## DATASET
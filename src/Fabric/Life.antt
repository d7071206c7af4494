-- ===== src/Fabric/Life.antt =====
-- fabric.go: the life of an engine's arenas, from New to Close.
use mathlib.Core.Path.{subst}
use vautlage.Prelude.{
  ℕ, ◌%◌, ◌+◌, ◌*◌, ◌^◌, ◌≤◌, ◌<◌, ◌≡◌, ◌⊎◌, inl, inr, refl, ap, sym, ◌∙◌, arith, List, [], ◌∷◌,
  Option, none, some, true, false, carry_some, length,
}
use vautlage.Errors.{Error, Result, ok, err, Result-cases}
use vautlage.Gate.{Gate, init_gate}
use vautlage.Config.{Config, normalize}
use vautlage.Platform.{Platform, huge_page_size}
use vautlage.Platform.View.{View, Same, Same-refl}
use vautlage.Platform.Manual.{IsLawful}
use vautlage.Arena.{Arena, close}
use vautlage.Arena.Finish.{Restored, Opened}
use vautlage.Arena.New.{Built, new_arena_lem}
use vautlage.Arena.Owned.{Owned, release_all}
use vautlage.Arena.Return.{Owned-none, Owned-Same, release_all-Restored, close-Restored}
use vautlage.Fabric.Build.{
  Handle, blank_engine, build, new, zero_gate, close_arenas, close_engine, first,
}
use vautlage.Fabric.Built.{
  Builds, build_shards_lem, arena_span, ctl_span, ctl_bytes, ctl_bytes-span, span-blank_engine,
  new_refused, new_gated, build_no_ctl, build_no_shards, build_done, handle_of,
}

module _ {S : Type 0} (p : Platform S) (w : View S) (c : Config) (s : S) where
  -- What New promises of its arenas: the control arena, and then one for each shard, or an error and
  -- nothing gained.
  abbrev pub Constructs : Result Handle → S → Type 0
  Constructs (ok h) t =
      (ctl : Arena) × (s₁ : S) × (h.ctl_arena ≡ some ctl)
      × Opened p w s c.require_pinned ctl s₁
      × (ctl.size % huge_page_size ≡ 0)
      × Owned p w s₁ h.arenas t
      × (length h.arenas ≡ c.shards)
      × (h.closed ≡ false)
  Constructs (err e) t = Restored p w s t

module _ {S : Type 0} (p : Platform S) where
  close_arenas-state :
      (xs : List Arena) (failed : Option Error) (s : S)
      → (close_arenas p xs failed s).1 ≡ release_all p xs s
  unfolding close_arenas release_all
  close_arenas-state [] failed s = refl
  close_arenas-state (a ∷ xs) failed s =
      close_arenas-state xs (first p failed (close p a s).0) (close p a s).2

  close_engine_state :
      (h : Handle) (ctl : Arena) (s : S)
      → h.closed ≡ false
      → h.ctl_arena ≡ some ctl
      → (close_engine p h s).2 ≡ (close p ctl (release_all p h.arenas s)).2
  unfolding close_engine
  close_engine_state h ctl s live held =
      let shut : (close_engine p h s).2 ≡ (close p ctl (close_arenas p h.arenas none s).1).2 =
        ground arith in
      shut ∙ ap (λ x. (close p ctl x).2) (close_arenas-state h.arenas none s)

  close_marks :
      (h : Handle) (ctl : Arena) (s : S)
      → h.closed ≡ false
      → h.ctl_arena ≡ some ctl
      → (close_engine p h s).1.closed ≡ true
  unfolding close_engine
  close_marks h ctl s live held = ground arith

  close_closed : (h : Handle) (s : S) → h.closed ≡ true → close_engine p h s ≡ (none, h, s)
  unfolding close_engine
  close_closed h s e = ground arith

module _ {S : Type 0} {p : Platform S} {w : View S} (l : IsLawful p w) where
  build_lem :
      (fuel : ℕ) (c : Config) (epoch clock : ℕ) (s : S) (gate : Gate)
      → arena_span c + 2 * huge_page_size < 2 ^ 64
      → arena_span c + huge_page_size ≤ fuel
      → ctl_span c + 2 * huge_page_size < 2 ^ 64
      → ctl_span c + huge_page_size ≤ fuel
      → (res : Result Handle) × (t : S) × (build p fuel c gate epoch clock s ≡ some (res, t))
        × Constructs p w c s res t
  build_lem fuel c epoch clock s gate fits enough fits_ctl enough_ctl =
      let v = blank_engine c gate epoch clock in
      let bytes = span-blank_engine c gate epoch clock in
      let asked = ctl_bytes-span c (omega arith) in
      let (res, s₁, run, ends) =
        new_arena_lem l fuel (ctl_bytes c) false c.require_pinned s (omega (arith, asked))
          (omega (arith, asked)) in
      elim (Result-cases res) [
        | inr (e, failed) ↦ (
          _,
          _,
          build_no_ctl p fuel c epoch clock gate s (run ∙ ap (λ r. some (r, s₁)) failed),
          subst (λ r. Built p w (ctl_bytes c) false c.require_pinned s r s₁) failed ends,
        )
        | inl (ctl, made) ↦
            let run' = run ∙ ap (λ r. some (r, s₁)) made in
            let (opened, whole, holds, _, _, _) : Built p w (ctl_bytes c) false c.require_pinned s
                (ok ctl) s₁ =
              subst (λ r. Built p w (ctl_bytes c) false c.require_pinned s r s₁) made ends in
            let (res', s₂, build_run, parts) =
              build_shards_lem l fuel s₁ ctl c.shards 0 v [] s₁ (omega (arith, bytes))
                (omega (arith, bytes)) (omega (arith, asked)) (Owned-none l (Same-refl w s₁)) in
            elim (Result-cases res') [
              | inr (e, failed) ↦ (
                _,
                _,
                build_no_shards p fuel c epoch clock gate s run'
                    (build_run ∙ ap (λ r. some (r, s₂)) failed),
                close-Restored l opened whole
                    (subst (λ r. Builds l fuel s₁ (0 + c.shards) r s₂) failed parts),
              )
              | inl ((v', xs), done) ↦
                  let (owned, many) : Builds l fuel s₁ (0 + c.shards) (ok (v', xs)) s₂ =
                    subst (λ r. Builds l fuel s₁ (0 + c.shards) r s₂) done parts in
                  (
                    ok (handle_of c v' xs ctl),
                    s₂,
                    build_done p fuel c epoch clock gate s run'
                        (build_run ∙ ap (λ r. some (r, s₂)) done),
                    (ctl, s₁, refl, opened, whole, owned, omega arith, refl),
                  )
            ]
      ]

  -- New returns and does not fault, for a configuration that normalize accepts as `c`, if its cells at
  -- their stride and its buckets, and its control blocks, each with two huge pages more, take fewer than
  -- 2 ^ 64 bytes, counted without a wrap: fuel for a loop over the bytes of an arena is enough. If it answers an engine, the system has gained the windows of the control
  -- arena and of one arena for each shard, which share no byte with each other or with what was mapped,
  -- and nothing else; if it answers an error, every arena is given back, or a munmap failed.
  pub new_lem :
      (fuel gomaxprocs : ℕ) (cfg c : Config) (epoch clock : ℕ) (s : S)
      → normalize fuel gomaxprocs cfg ≡ some (none, c)
      → arena_span c + 2 * huge_page_size < 2 ^ 64
      → arena_span c + huge_page_size ≤ fuel
      → ctl_span c + 2 * huge_page_size < 2 ^ 64
      → ctl_span c + huge_page_size ≤ fuel
      → (res : Result Handle) × (t : S) × (new p fuel gomaxprocs cfg epoch clock s ≡ some (res, t))
        × Constructs p w c s res t
  new_lem fuel gomaxprocs cfg c epoch clock s valid fits enough fits_ctl enough_ctl =
      elim (Result-cases (init_gate zero_gate c.high_water_pct c.low_water_pct)) [
        | inr (e, bad) ↦ (
          err e,
          s,
          new_refused p fuel c epoch clock gomaxprocs cfg s valid bad,
          inr (Same-refl w s),
        )
        | inl (gate, good) ↦
            let start = new_gated p fuel c epoch clock gomaxprocs cfg s valid good in
            let (res, t, run, ends) =
              build_lem fuel c epoch clock s gate fits enough fits_ctl enough_ctl in
            (res, t, start ∙ run, ends)
      ]

  -- An engine that New has made, for a configuration whose cells, buckets and control blocks fit as
  -- new_lem asks and with the fuel that it asks, is taken down by Close: after any use that changes no
  -- mapping, Close leaves what was mapped before New, or a munmap has failed. A second Close answers no
  -- error and changes nothing.
  pub new-close_engine :
      (fuel gomaxprocs : ℕ) (cfg c : Config) (epoch clock : ℕ) (s : S) {h : Handle} {t u : S}
      → normalize fuel gomaxprocs cfg ≡ some (none, c)
      → arena_span c + 2 * huge_page_size < 2 ^ 64
      → arena_span c + huge_page_size ≤ fuel
      → ctl_span c + 2 * huge_page_size < 2 ^ 64
      → ctl_span c + huge_page_size ≤ fuel
      → new p fuel gomaxprocs cfg epoch clock s ≡ some (ok h, t)
      → Same w t u
      → let (failed, h', x) = close_engine p h u in
        ((w.failures s < w.failures x) ⊎ Same w s x) × (close_engine p h' x ≡ (none, h', x))
  new-close_engine fuel gomaxprocs cfg c epoch clock s {h} {t} {u} valid fits enough fits_ctl
        enough_ctl run used =
      let (res, t', run', ends) =
        new_lem fuel gomaxprocs cfg c epoch clock s valid fits enough fits_ctl enough_ctl in
      let ends' : Constructs p w c s (ok h) t =
        carry_some (Constructs p w c s) (sym run' ∙ run) ends in
      let (ctl, s₁, held, opened, whole, owned, _, live) = ends' in
      let freed = release_all-Restored l h.arenas u (Owned-Same l owned used) in
      (
        subst (λ x. (w.failures s < w.failures x) ⊎ Same w s x)
            (sym (close_engine_state p h ctl u live held)) (close-Restored l opened whole freed),
        close_closed p (close_engine p h u).1 (close_engine p h u).2
            (close_marks p h ctl u live held),
      )
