-- ===== src/Index/Laws.antt =====
-- upsert and lookup together.
use native.Mathlib.Decide.{ℕ_discrete}
use mathlib.Core.Path.{subst}
use vautlage.Prelude.{
  carry_some, ℕ, zero, suc, ◌<◌, ◌≡◌, ◌≢◌, inl, inr, refl, ap, arith, ◌∙◌, sym, false, none, some,
  update, bit_and, add64, update_self, update_ne,
}
use vautlage.Record.{Record}
use vautlage.Ring.{Ring}
use vautlage.Index.{
  Bucket, KeyIndex, Entry, at, is_dead, hash_key, resolve, probe_from, lookup, upsert,
}
use vautlage.Index.Find.{probed, Passed, Stored}
use vautlage.Index.Upsert.{home, upsert_lem}
use vautlage.Index.Lookup.{
  Addressable, found, resolve_sound, resolve-found, probe_next, probe_hit, probe_end, lookup_probe,
  probe_reaches,
}

upsert-Stored :
    (fuel : ℕ) (x : KeyIndex) {x' : KeyIndex} (e : Entry) (r : Ring)
    → e.key ≢ 0
    → upsert (suc fuel) x e r ≡ some (none, x')
    → Stored x x' (home x e.key) e r
upsert-Stored fuel x {x'} e r nz run = elim (upsert_lem fuel x e r nz) [
  | inl (y, run', s) ↦ carry_some (λ o z. Stored x z (home x e.key) e r) (sym run' ∙ run) s
  | inr (full, _, _) ↦ let ended = sym full ∙ run in absurd (ground arith)
]

module _ {x x' : KeyIndex} {h : ℕ} {e : Entry} {r : Ring} (s : Stored x x' h e r) where
  at_same : (g p : ℕ) → at x' g p ≡ at x g p
  at_same g p = ap (λ m. bit_and (add64 g p) m) s.mask

  home_same : (key : ℕ) → home x' key ≡ home x key
  home_same key = ap (λ m. bit_and (hash_key key) m) s.mask

  probed_same : (g p : ℕ) → probed x' g p ≡ update x.table (at x h s.probe) s.bucket (at x g p)
  probed_same g p =
      ap (λ i. x'.table i) (at_same g p) ∙ ap (λ (t : ℕ → Bucket). t (at x g p)) s.table

  -- The buckets after the call, along any probe sequence.
  probed-hit : (g p : ℕ) → at x g p ≡ at x h s.probe → probed x' g p ≡ s.bucket
  probed-hit g p same =
      probed_same g p
      ∙ ap (λ i. update x.table (at x h s.probe) s.bucket i) same
      ∙ update_self x.table (at x h s.probe) s.bucket

  probed-miss : (g p : ℕ) → at x g p ≢ at x h s.probe → probed x' g p ≡ probed x g p
  probed-miss g p other =
      probed_same g p ∙ update_ne x.table (at x h s.probe) (at x g p) s.bucket other

  Passed-stored : Passed x' h e.key s.probe
  Passed-stored p lt =
      let same : probed x' h p ≡ probed x h p = probed-miss h p (s.apart p lt) in
      let old : ((probed x h p).key ≢ 0) × ((probed x h p).key ≢ e.key) = s.passed p lt in
      rw same old

  -- A bucket of another key that is passed on the way stays one.
  passed_again :
      (g key p : ℕ)
      → e.key ≢ 0
      → key ≢ e.key
      → (probed x g p).key ≢ 0
      → (probed x g p).key ≢ key
      → ((probed x' g p).key ≢ 0) × ((probed x' g p).key ≢ key)
  passed_again g key p ez other nz ne = elim (ℕ_discrete (at x g p) (at x h s.probe)) [
    | yes hit ↦
        let now : (probed x' g p).key ≡ e.key =
          ap (λ (b : Bucket). b.key) (probed-hit g p hit) ∙ s.newest.0 in
        (λ z. ez (sym now ∙ z), λ z. other (sym z ∙ now))
    | no miss ↦
        let now : (probed x' g p).key ≡ (probed x g p).key =
          ap (λ (b : Bucket). b.key) (probed-miss g p miss) in
        (λ z. nz (sym now ∙ z), λ z. ne (sym now ∙ z))
  ]

  -- The bucket written is not one that answers for another key.
  answers_elsewhere :
      (g key p : ℕ)
      → key ≢ 0
      → key ≢ e.key
      → (probed x g p).key ≡ key
      → is_dead (probed x g p) key r ≡ false
      → at x g p ≢ at x h s.probe
  answers_elsewhere g key p nz other hit alive same =
      let here : probed x g p ≡ probed x h s.probe = ap (λ i. x.table i) same in
      let held : (probed x h s.probe).key ≡ key = ap (λ (b : Bucket). b.key) (sym here) ∙ hit in
      elim s.victim [
        | inl z ↦ nz (sym held ∙ z)
        | inr (inl own) ↦ other (sym held ∙ own)
        | inr (inr dead) ↦
            let both : is_dead (probed x h s.probe) (probed x h s.probe).key r
                ≡ is_dead (probed x g p) key r =
              ap (λ (b : Bucket). is_dead b b.key r) (sym here)
              ∙ ap (λ k. is_dead (probed x g p) k r) hit in
            ground arith
      ]

  probe-frame :
      (g key : ℕ) (rec : Record) (n p : ℕ) {out : Record}
      → e.key ≢ 0
      → key ≢ 0
      → key ≢ e.key
      → probe_from x g key r rec n p ≡ (none, out)
      → probe_from x' g key r rec n p ≡ (none, out)
  unfolding probe_from
  probe-frame g key rec zero p ez nz other run = absurd (ground arith)
  probe-frame g key rec (suc n) p {out} ez nz other run = elim (ℕ_discrete (probed x g p).key 0) [
    | yes z ↦ let stop = sym (probe_end x g key r rec n p z) ∙ run in absurd (ground arith)
    | no held ↦ elim (ℕ_discrete (probed x g p).key key) [
      | yes hit ↦
          let answer = sym (probe_hit x g key r rec n p nz hit) ∙ run in
          let (_, _, alive) = resolve_sound (probed x g p) key r rec answer in
          let same : probed x' g p ≡ probed x g p =
            probed-miss g p (answers_elsewhere g key p nz other hit alive) in
          probe_hit x' g key r rec n p nz (ap (λ (b : Bucket). b.key) same ∙ hit)
          ∙ ap (λ b. resolve b key r rec) same
          ∙ answer
      | no ne ↦
          let (nz', ne') = passed_again g key p ez other held ne in
          probe_next x' g key r rec n p nz' ne'
          ∙ probe-frame g key rec n (suc p) ez nz other
              (sym (probe_next x g key r rec n p held ne) ∙ run)
    ]
  ]

-- Every entry for the key that is in its probe sequence is older.
abbrev pub IsNewer : KeyIndex → Entry → Type 0
IsNewer x e =
    (p : ℕ)
    → p < 16
    → (probed x (home x e.key) p).key ≡ e.key
    → (probed x (home x e.key) p).ticket < e.ticket

-- What is in the bucket that was written is the new entry.
bucket-IsNewer :
    {x x' : KeyIndex} {e : Entry} {r : Ring} (s : Stored x x' (home x e.key) e r)
    → IsNewer x e
    → (s.bucket.ticket ≡ e.ticket) × (s.bucket.slot ≡ e.slot)
bucket-IsNewer s newer = elim s.newest.1 [
  | inl kept ↦ kept
  | inr (same, old, _) ↦ let lt = newer s.probe s.below same in absurd (omega arith)
]

-- After upsert has accepted an entry that is newer than what the index has for its key, and whose
-- cell holds a committed record of that key, lookup answers with exactly that record.
pub lookup-upsert :
    (fuel : ℕ) (x : KeyIndex) {x' : KeyIndex} (e : Entry) (r : Ring)
    → e.key ≢ 0
    → e.ticket ≢ 0
    → IsNewer x e
    → Addressable r e.slot e.key
    → upsert (suc fuel) x e r ≡ some (none, x')
    → (rec : Record) → lookup x' e.key r rec ≡ (none, found r e.slot e.key rec)
lookup-upsert fuel x {x'} e r kz tz newer a run rec =
    let s : Stored x x' (home x e.key) e r = upsert-Stored fuel x e r kz run in
    let (ticket, slot) = bucket-IsNewer s newer in
    let h = home x e.key in
    let now : probed x' h s.probe ≡ s.bucket = probed-hit s h s.probe refl in
    let held : (probed x' h s.probe).key ≡ e.key = ap (λ (b : Bucket). b.key) now ∙ s.newest.0 in
    lookup_probe x' e.key r rec kz
    ∙ ap (λ g. probe_from x' g e.key r rec 16 0) (home_same s e.key)
    ∙ probe_reaches x' h e.key r rec s.probe 16 0 kz held (Passed-stored s) (omega arith) s.below
    ∙ ap (λ b. resolve b e.key r rec) now
    ∙ resolve-found s.bucket e.key r rec (λ z. tz (sym ticket ∙ z))
        (subst (λ i. Addressable r i e.key) (sym slot) a)
    ∙ ap (λ i. (none, found r i e.key rec)) slot

-- Storing an entry never loses another key: whatever lookup answers for a key other than the one
-- that upsert has stored, it answers the same afterwards, in the same matrix.
pub lookup-upsert_other :
    (fuel : ℕ) (x : KeyIndex) {x' : KeyIndex} (e : Entry) (r : Ring)
    → e.key ≢ 0
    → upsert (suc fuel) x e r ≡ some (none, x')
    → (key : ℕ) (rec : Record) {out : Record} → key ≢ 0
    → key ≢ e.key
    → lookup x key r rec ≡ (none, out)
    → lookup x' key r rec ≡ (none, out)
lookup-upsert_other fuel x {x'} e r ez run key rec nz other answer =
    let s : Stored x x' (home x e.key) e r = upsert-Stored fuel x e r ez run in
    lookup_probe x' key r rec nz
    ∙ ap (λ g. probe_from x' g key r rec 16 0) (home_same s key)
    ∙ probe-frame s (home x key) key rec 16 0 ez nz other
        (sym (lookup_probe x key r rec nz) ∙ answer)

## REQUIRED WORK
For this exercise, copy every line of the data that holds "Addressable".

## EXPECTED OUTPUT
  Addressable, found, resolve_sound, resolve-found, probe_next, probe_hit, probe_end, lookup_probe,
    → Addressable r e.slot e.key
        (subst (λ i. Addressable r i e.key) (sym slot) a)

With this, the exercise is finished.